▸ MATERIAL PROVIDED:
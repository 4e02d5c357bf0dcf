-- ===== src/Ilma/App.antt =====
-- The air mode's state: IlmaApp.tsx. The flag of a selection is whether the screen is a phone's.
mod Selected
mod Tests
use fintraffic.Base.{
  ℕ, suc, Bool, true, false, List, [], ◌∷◌, Option, none, some, find, str_eq, if◌then◌else◌,
}
use fintraffic.Base.Number.{Number}
use fintraffic.Shared.Ids.{Text, chars, make_id}
use fintraffic.Ilma.Aircraft.{
  Aircraft, Airport, AircraftGroup, airline, general, rotorcraft, military,
}

pub record FocusRequest (A : Type 0) : Type 0 where
  pub lng : A
  pub lat : A
  pub seq : ℕ

pub record Ilma (A : Type 0) : Type 0 where
  pub aircraft : List (Aircraft A)
  pub airports : List (Airport A)
  pub selected_aircraft : Option (Aircraft A)
  pub selected_airport : Option (Airport A)
  pub focus : Option (FocusRequest A)
  pub is_filter_collapsed : Bool
  pub is_detail_collapsed : Bool

pub data Event (A : Type 0) : Type 0 where
  polls : List (Aircraft A) → Event A
  airports_come : List (Airport A) → Event A
  selects_aircraft : Bool → Aircraft A → Event A
  selects_airport : Bool → Airport A → Event A
  searches_aircraft : Bool → Aircraft A → Event A
  searches_airport : Bool → Airport A → Event A
  clears : Event A

pub record Counts : Type 0 where
  pub airline : ℕ
  pub general : ℕ
  pub rotorcraft : ℕ
  pub military : ℕ

abbrev pub counted : AircraftGroup → Counts → Counts
counted AircraftGroup.airline c = record c { airline = suc c.airline }
counted AircraftGroup.general c = record c { general = suc c.general }
counted AircraftGroup.rotorcraft c = record c { rotorcraft = suc c.rotorcraft }
counted AircraftGroup.military c = record c { military = suc c.military }

module _ {A : Type 0} where
  unfoldable pub count_all : List (Aircraft A) → Counts → Counts
  count_all [] c = c
  count_all (a ∷ aircraft) c = count_all aircraft (counted a.group c)

  unfoldable pub counts : List (Aircraft A) → Counts
  unfolding count_all
  counts aircraft =
      count_all aircraft (record { airline = 0; general = 0; rotorcraft = 0; military = 0 })

  abbrev pub or_prev : Aircraft A → Option (Aircraft A) → Aircraft A
  or_prev prev none = prev
  or_prev prev (some a) = a

  abbrev pub followed : List (Aircraft A) → Option (Aircraft A) → Option (Aircraft A)
  followed next none = none
  followed next (some prev) = some (or_prev prev (find (λ a. str_eq a.hex prev.hex) next))

  unfoldable pub on_aircraft_update : List (Aircraft A) → Ilma A → Ilma A
  on_aircraft_update next s = record s {
    aircraft = next;
    selected_aircraft = followed next s.selected_aircraft;
  }

  unfoldable pub reveal_detail : Bool → Ilma A → Ilma A
  reveal_detail mobile s = record s {
    is_detail_collapsed = false;
    is_filter_collapsed = if mobile then true else s.is_filter_collapsed;
  }

  unfoldable pub select_aircraft : Bool → Aircraft A → Ilma A → Ilma A
  unfolding reveal_detail
  select_aircraft mobile a s =
      reveal_detail mobile (record s { selected_airport = none; selected_aircraft = some a })

  unfoldable pub select_airport : Bool → Airport A → Ilma A → Ilma A
  unfolding reveal_detail
  select_airport mobile ap s =
      reveal_detail mobile (record s { selected_aircraft = none; selected_airport = some ap })

  -- `(prev?.seq ?? 0) + 1`.
  abbrev pub next_seq : Option (FocusRequest A) → ℕ
  next_seq none = 1
  next_seq (some prev) = suc prev.seq

  unfoldable pub search_aircraft : Bool → Aircraft A → Ilma A → Ilma A
  unfolding select_aircraft reveal_detail
  search_aircraft mobile a s =
      let selected = select_aircraft mobile a s in
      record selected {
        focus = some (record { lng = a.longitude; lat = a.latitude; seq = next_seq s.focus });
      }

  unfoldable pub search_airport : Bool → Airport A → Ilma A → Ilma A
  unfolding select_airport reveal_detail
  search_airport mobile ap s =
      let selected = select_airport mobile ap s in
      record selected {
        focus = some (record { lng = ap.longitude; lat = ap.latitude; seq = next_seq s.focus });
      }

  unfoldable pub clear_selection : Ilma A → Ilma A
  clear_selection s = record s { selected_aircraft = none; selected_airport = none }

  abbrev pub aircraft_key : Aircraft A → Text
  aircraft_key a = make_id (chars "aircraft") (chars a.hex)

  abbrev pub airport_key : Airport A → Text
  airport_key ap = make_id (chars "airport") (chars ap.icao)

  abbrev pub key_of : Option (Aircraft A) → Option (Airport A) → Option Text
  key_of (some a) ap = some (aircraft_key a)
  key_of none (some ap) = some (airport_key ap)
  key_of none none = none

  unfoldable pub selection_key : Ilma A → Option Text
  selection_key s = key_of s.selected_aircraft s.selected_airport

  unfoldable pub step : Event A → Ilma A → Ilma A
  unfolding on_aircraft_update select_aircraft select_airport search_aircraft search_airport
      clear_selection reveal_detail
  step (polls next) s = on_aircraft_update next s
  step (airports_come next) s = record s { airports = next }
  step (selects_aircraft mobile a) s = select_aircraft mobile a s
  step (selects_airport mobile ap) s = select_airport mobile ap s
  step (searches_aircraft mobile a) s = search_aircraft mobile a s
  step (searches_airport mobile ap) s = search_airport mobile ap s
  step clears s = clear_selection s

  unfoldable pub run : List (Event A) → Ilma A → Ilma A
  unfolding step
  run [] s = s
  run (e ∷ es) s = run es (step e s)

▸ YOUR ASSIGNMENT:
Retype only this portion of the data above: the line containing "pub seq : ℕ", the line containing "selects_aircraft : Bool", and all lines between them, exactly.

▸ RESPONSE:
  pub seq : ℕ

pub record Ilma (A : Type 0) : Type 0 where
  pub aircraft : List (Aircraft A)
  pub airports : List (Airport A)
  pub selected_aircraft : Option (Aircraft A)
  pub selected_airport : Option (Airport A)
  pub focus : Option (FocusRequest A)
  pub is_filter_collapsed : Bool
  pub is_detail_collapsed : Bool

pub data Event (A : Type 0) : Type 0 where
  polls : List (Aircraft A) → Event A
  airports_come : List (Airport A) → Event A
  selects_aircraft : Bool → Aircraft A → Event A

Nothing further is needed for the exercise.